Pois bem, os leitores de códigos de barras e as impressoras acopladas nas balanças dos hipermercados ou nos “botequins da esquina” são bastante precisos e se popularizaram. Os próprios materiais de construção tem sido alvo de uso de códigos de barras. Já vi lojas de ferragens vendendo parafusos avulsos e lendo a informação de uma etiqueta que estava num catálogo no balcão.
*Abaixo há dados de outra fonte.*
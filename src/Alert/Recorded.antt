-- ===== src/Alert/Recorded.antt =====
-- Which alerts are sent, and what is recorded of them.
use edge_caddy.Prelude.{
  ℕ, Bool, true, false, not, ◌&&◌, ◌||◌, ltb, String, str_eq, Option, none, some, List, [], ◌∷◌,
  ◌++◌, ◌≡◌, refl, if◌then◌else◌,
}
use edge_caddy.Alert.{
  Attempt, Settings, rank, level_rank, overall_result, results, notify, is_delivered,
  post_with_retry, result_unless_none,
}

-- The channel is not configured, or one of the attempts to deliver to it succeeds.
abbrev pub is_fine : String → ℕ → (ℕ → Attempt) → Bool
is_fine url retry_base attempt =
    str_eq url "" || is_delivered (post_with_retry retry_base attempt (λ i. false) 3)

abbrev pub expected_result : Bool → Bool → Option String
expected_result false fine = none
expected_result true fine = some (if fine then "ok" else "fail")

-- An alert is sent and recorded exactly when its level is at least the one to be notified of and some
-- channel is configured. It is recorded as "ok" if every channel that is configured was delivered to,
-- in whichever order they finish, and else as "fail".
pub notify-exact :
    (cfg : Settings) (retry_base : ℕ) (level : String) (webhook lark : ℕ → Attempt)
    (lark_first : Bool)
    → notify cfg retry_base level webhook lark lark_first
      ≡ expected_result
          (not (ltb (rank level) (level_rank cfg.notify_level))
            && not (str_eq cfg.webhook_url "" && str_eq cfg.lark_webhook ""))
          (is_fine cfg.webhook_url retry_base webhook && is_fine cfg.lark_webhook retry_base lark)
unfolding notify results overall_result
notify-exact cfg retry_base level webhook lark lark_first =
    cases (ltb (rank level) (level_rank cfg.notify_level)) (str_eq cfg.webhook_url "")
      (str_eq cfg.lark_webhook "")
      (is_delivered (post_with_retry retry_base webhook (λ i. false) 3))
      (is_delivered (post_with_retry retry_base lark (λ i. false) 3)) lark_first
  where
    of : Bool → Bool → List Bool
    of missing ok = if missing then [] else ok ∷ []

    cases :
        (low no_w no_l w l first : Bool)
        → (if low
            then none
            else result_unless_none
                (if first then of no_l l ++ of no_w w else of no_w w ++ of no_l l))
          ≡ expected_result (not low && not (no_w && no_l)) ((no_w || w) && (no_l || l))
    cases true no_w no_l w l first = refl
    cases false true true w l true = refl
    cases false true true w l false = refl
    cases false true false w true true = refl
    cases false true false w true false = refl
    cases false true false w false true = refl
    cases false true false w false false = refl
    cases false false true true l true = refl
    cases false false true true l false = refl
    cases false false true false l true = refl
    cases false false true false l false = refl
    cases false false false true true true = refl
    cases false false false true true false = refl
    cases false false false true false true = refl
    cases false false false true false false = refl
    cases false false false false true true = refl
    cases false false false false true false = refl
    cases false false false false false true = refl
    cases false false false false false false = refl
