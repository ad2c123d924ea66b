-- ===== src/Examples/Cluster.antt =====
-- A cluster of two nodes that forward to each other, whose rings were filled in opposite orders.
use titan_distributed_kv.Common.{
  ◌≡◌, ◌≢◌, refl, sym, ap, ◌∙◌, inl, inr, ◌⊎◌, [], ◌∷◌, Bytes, codes, bytes_key, some, true, arith,
  get_or,
}
use titan_distributed_kv.Common.Int.{pos}
use titan_distributed_kv.Common.Errors.{Result, ok, err, new}
use titan_distributed_kv.Common.Maps
use titan_distributed_kv.Common.Maps.{lookup-cons, lookup-nil}
use titan_distributed_kv.Raft.{LogEntry, Fsm, Library, apply}
use titan_distributed_kv.Sharding.Ring.{NodeInfo, HashRing, new_hash_ring, add_node, get_node}
use titan_distributed_kv.Sharding.Ring.Points.{IsRing, new_hash_ring-IsRing, add_node-IsRing}
use titan_distributed_kv.Sharding.Ring.Agreement.{
  IsNamed, new_hash_ring-IsNamed, add_node-IsNamed, HasIds, get_node-agree,
}
use titan_distributed_kv.Sharding.Membership.{Membership, get_client, get_target_node}
use titan_distributed_kv.Storage.Bitcask
use titan_distributed_kv.Storage.Bitcask.Steps.{set_value, drop_value}
use titan_distributed_kv.Server.{success, raft_put, raft_delete}
use titan_distributed_kv.Server.Sharded.{Remote, sharded_put, sharded_get}
use titan_distributed_kv.Server.Replicated.{
  put_entry, delete_entry, Commits, Shows, raft_put-Shows, raft_delete-Shows,
}
use titan_distributed_kv.Server.Cluster.{Owns, Peer, sharded_put-get}
use titan_distributed_kv.Examples.Engine.{
  a, b, one, start, start-IsValid, loaded, loaded-IsValid, get-loaded,
}
use titan_distributed_kv.Examples.Ring.{
  sum256, in_order, in_order-IsVisit, both, both-IsRing, both-NoCollision, both_a, both_nodes,
  two_names, node_a, node_b, get_node_c, service, ring,
}

abbrev only_b : HashRing
only_b = add_node sum256 in_order b (codes "b:1") (codes "b:2") (new_hash_ring (pos 1))

-- The ring to which "b" was added first.
abbrev swapped : HashRing
swapped = add_node sum256 in_order a (codes "a:1") (codes "a:2") only_b

swapped-IsRing : IsRing sum256 swapped
swapped-IsRing =
    add_node-IsRing sum256 in_order a (codes "a:1") (codes "a:2") only_b in_order-IsVisit (
      add_node-IsRing sum256 in_order b (codes "b:1") (codes "b:2") (new_hash_ring (pos 1))
        in_order-IsVisit (new_hash_ring-IsRing sum256 (pos 1)))

swapped-IsNamed : IsNamed swapped
swapped-IsNamed = add_node-IsNamed sum256 in_order a (codes "a:1") (codes "a:2") only_b (
    add_node-IsNamed sum256 in_order b (codes "b:1") (codes "b:2") (new_hash_ring (pos 1))
      (new_hash_ring-IsNamed (pos 1)))

both-IsNamed : IsNamed both
both-IsNamed =
    add_node-IsNamed sum256 in_order b (codes "b:1") (codes "b:2")
      (add_node sum256 in_order a (codes "a:1") (codes "a:2") (new_hash_ring (pos 1)))
      (add_node-IsNamed sum256 in_order a (codes "a:1") (codes "a:2") (new_hash_ring (pos 1))
        (new_hash_ring-IsNamed (pos 1)))

swapped_nodes : swapped.nodes ≡ (b, node_b) ∷ (a, node_a) ∷ []
unfolding ring
swapped_nodes = refl

same_replicas : both.replicas ≡ swapped.replicas
unfolding ring
same_replicas = refl

swapped_a : Maps.lookup a swapped.nodes ≡ some node_a
unfolding ring
swapped_a = refl

swapped_b : Maps.lookup b swapped.nodes ≡ some node_b
unfolding ring
swapped_b = refl

both_b : Maps.lookup b both.nodes ≡ some node_b
unfolding ring
both_b = refl

to_swapped : HasIds swapped both
to_swapped id info e = elim (two_names id info (ap (Maps.lookup id) (sym both_nodes) ∙ e)) [
  | inl is_a ↦ (node_a, ap (λ j. Maps.lookup j swapped.nodes) is_a ∙ swapped_a)
  | inr is_b ↦ (node_b, ap (λ j. Maps.lookup j swapped.nodes) is_b ∙ swapped_b)
]

swapped_names :
    (j : Bytes) (info : NodeInfo)
    → Maps.lookup j ((b, node_b) ∷ (a, node_a) ∷ []) ≡ some info
    → (j ≡ a) ⊎ (j ≡ b)
swapped_names j info e = elim (bytes_key.dec j a) [
  | yes p ↦ inl p
  | no q ↦ elim (bytes_key.dec j b) [
    | yes p ↦ inr p
    | no q' ↦ absurd (
        ground (
          arith,
          lookup-cons j b node_b ((a, node_a) ∷ []),
          lookup-cons j a node_a [],
          lookup-nil {V = NodeInfo} j,
          e,
        ))
  ]
]

to_both : HasIds both swapped
to_both id info e = elim (swapped_names id info (ap (Maps.lookup id) (sym swapped_nodes) ∙ e)) [
  | inl is_a ↦ (node_a, ap (λ j. Maps.lookup j both.nodes) is_a ∙ both_a)
  | inr is_b ↦ (node_b, ap (λ j. Maps.lookup j both.nodes) is_b ∙ both_b)
]

get_node-agree_example :
    (other : NodeInfo) × (get_node sum256 in_order (codes "c") swapped ≡ ok other)
    × (other.node_id ≡ node_a.node_id)
get_node-agree_example =
    get_node-agree sum256 both swapped both-IsRing swapped-IsRing same_replicas to_swapped to_both
      both-NoCollision in_order in_order (codes "c") node_a in_order-IsVisit in_order-IsVisit
      both-IsNamed swapped-IsNamed get_node_c

-- The node "a" owns the key "c".
abbrev owner : Membership
owner = record { ring = both; local_node_id = a; local_addr = codes "a:1"; clients = [] }

owner-Owns : Owns sum256 owner (codes "c")
unfolding get_target_node
owner-Owns = record {
  visit = in_order;
  visits = in_order-IsVisit;
  ring = both-IsRing;
  named = both-IsNamed;
  distinct = both-NoCollision;
  info = node_a;
  found = get_node_c;
  local = refl;
}

-- Two services of the node "b": one with the owner's ring, one with the other.
b_apart : a ≢ b
b_apart e = omega (arith, ap (λ l. get_or l 0 0) e)

service-Peer : Peer sum256 owner service
unfolding get_client bytes_key Maps.lookup
service-Peer = record {
  ring = both-IsRing;
  named = both-IsNamed;
  replicas = refl;
  knows = λ id info e. (info, e);
  known = λ id info e. (info, e);
  apart = b_apart;
  client = codes "a:1";
  connected = refl;
}

abbrev other_service : Membership
other_service = record service { ring = swapped }

other-Peer : Peer sum256 owner other_service
unfolding get_client bytes_key Maps.lookup
other-Peer = record {
  ring = swapped-IsRing;
  named = swapped-IsNamed;
  replicas = same_replicas;
  knows = to_swapped;
  known = to_both;
  apart = b_apart;
  client = codes "a:1";
  connected = refl;
}

-- A library that commits one entry, whose bytes do not matter.
abbrev pub marshal : LogEntry → Result Bytes
marshal entry = ok []

abbrev pub committing : LogEntry → Library
committing entry = record {
  is_leader = true;
  leader = a;
  submit = λ bytes f. (
    ok (apply (λ bytes'. ok entry) f (record { log_data = bytes; log_index = 1 })).0,
    (apply (λ bytes'. ok entry) f (record { log_data = bytes; log_index = 1 })).1,
  );
}

pub commits :
    (entry : LogEntry) (f : Fsm) → Commits (λ bytes. ok entry) marshal (committing entry) entry f
commits entry f = record {
  leads = refl;
  bytes = [];
  index = 1;
  encoded = refl;
  decoded = refl;
  submitted = refl;
}

abbrev pub key_c : Bytes
key_c = codes "c"

abbrev pub entry_c : LogEntry
entry_c = put_entry key_c one

abbrev empty_state : Fsm
empty_state = record { api = start; index = 0 }

abbrev pub silent : Remote
silent = record {
  put = λ client key value. err (new "unavailable");
  get = λ client key. err (new "unavailable");
  delete = λ client key. err (new "unavailable");
}

-- The answers of the owner's server, before and after the entry.
abbrev at_first : Remote
at_first = record silent {
  put = λ client key value.
      ok
        (sharded_put silent owner sum256 in_order marshal (committing entry_c) key value
          empty_state).0;
}

abbrev at_last : Remote
at_last = record silent {
  get = λ client key. ok (
      sharded_get silent owner sum256 in_order key
        (sharded_put silent owner sum256 in_order marshal (committing entry_c) key_c one
          empty_state).1);
}

sharded_put-get_example :
    (sharded_put at_first service sum256 in_order marshal (committing entry_c) key_c one empty_state
      ≡ (success, empty_state))
    × (sharded_get at_last other_service sum256 in_order key_c empty_state
        ≡ record { found = true; value = one; error = [] })
sharded_put-get_example =
    sharded_put-get sum256 owner service other_service at_first silent at_last (λ i. in_order)
      (λ bytes. ok entry_c) marshal marshal (committing entry_c) (committing entry_c) key_c one
      empty_state empty_state empty_state owner-Owns service-Peer other-Peer (λ i. in_order-IsVisit)
      (λ e. cc e) (omega arith) (omega arith) start-IsValid (commits entry_c empty_state) refl refl

raft_put-Shows_example :
    ((raft_put marshal (committing entry_c) key_c one empty_state).0 ≡ success)
    × Shows
        (raft_put marshal (committing entry_c) key_c one empty_state).1
        (set_value key_c one (λ j. Bitcask.get j start))
raft_put-Shows_example =
    raft_put-Shows (λ bytes. ok entry_c) marshal (committing entry_c) empty_state start-IsValid
      key_c one (λ e. cc e) (omega arith) (omega arith) (commits entry_c empty_state)

abbrev loaded_state : Fsm
loaded_state = record { api = loaded; index = 0 }

raft_delete-Shows_example :
    ((raft_delete marshal (committing (delete_entry a)) a loaded_state).0 ≡ success)
    × Shows
        (raft_delete marshal (committing (delete_entry a)) a loaded_state).1
        (drop_value a (λ j. Bitcask.get j loaded))
raft_delete-Shows_example =
    raft_delete-Shows (λ bytes. ok (delete_entry a)) marshal (committing (delete_entry a))
      loaded_state loaded-IsValid a one (λ e. cc e) get-loaded
      (commits (delete_entry a) loaded_state)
Neste cenário não vejo, sinceramente, motivo para que não haja informação do código de barras dos itens comercializados ou produzidos nos sistemas de gestão e sua consequente informação nos documentos fiscais e nas escriturações digitais. Será que alguém ainda acredita que numa fiscalização não seria exigida esta informação – óbvio, para os itens que possuem o GTIN. Será que alguém ainda pensa que poderá comercializar mercadorias sem emissão de documento fiscal em larga escala nos próximos meses?
A estratégia do Fisco Federal colocada de forma gráfica pelo Coordenador de Fiscalização Iágaro Jung Martins no Fórum SPED Porto Alegre, em abril último, deixou bastante claro que o cruzamento de dados é a forma mais eficaz e rápida para descobrir os desvios. As SEFAZ também têm atuado neste sentido.
Atualmente, para a resolução do Senado Federal número 13/2012, está mais uma vez explícita a necessidade de informação do GTIN (código de barras). Não há alternativa. É preciso usar o GTIN!
Por fim, recomendo àqueles que geram seus códigos internos pela falta de condições de impressão nos produtos, (como fatiados, seccionados, frutas, verduras, fármacos fracionados, etc.) a pensarem em informar estes códigos em suas operações. Se uma farmácia recebe por semana 20 caixas de um medicamento com 100 drágeas e nunca os vende (não consta nos documentos emitidos), algo deve estar equivocado no seu controle – pelo menos os Fiscos têm o direito de suspeitar e passar a investigar. Imaginem nos casos de industrialização por encomenda, nos quais os produtos de marca própria ganham códigos do varejista.
Concluo mencionando o que o Especialista Edgar Madruga afirmou também no Fórum SPED Porto Alegre: “deverá constar na escrita fiscal do estabelecimento se o produto contiver o GTIN (código de barras), conforme define o Ajuste SINIEF 07/2005 em sua cláusula terceira.”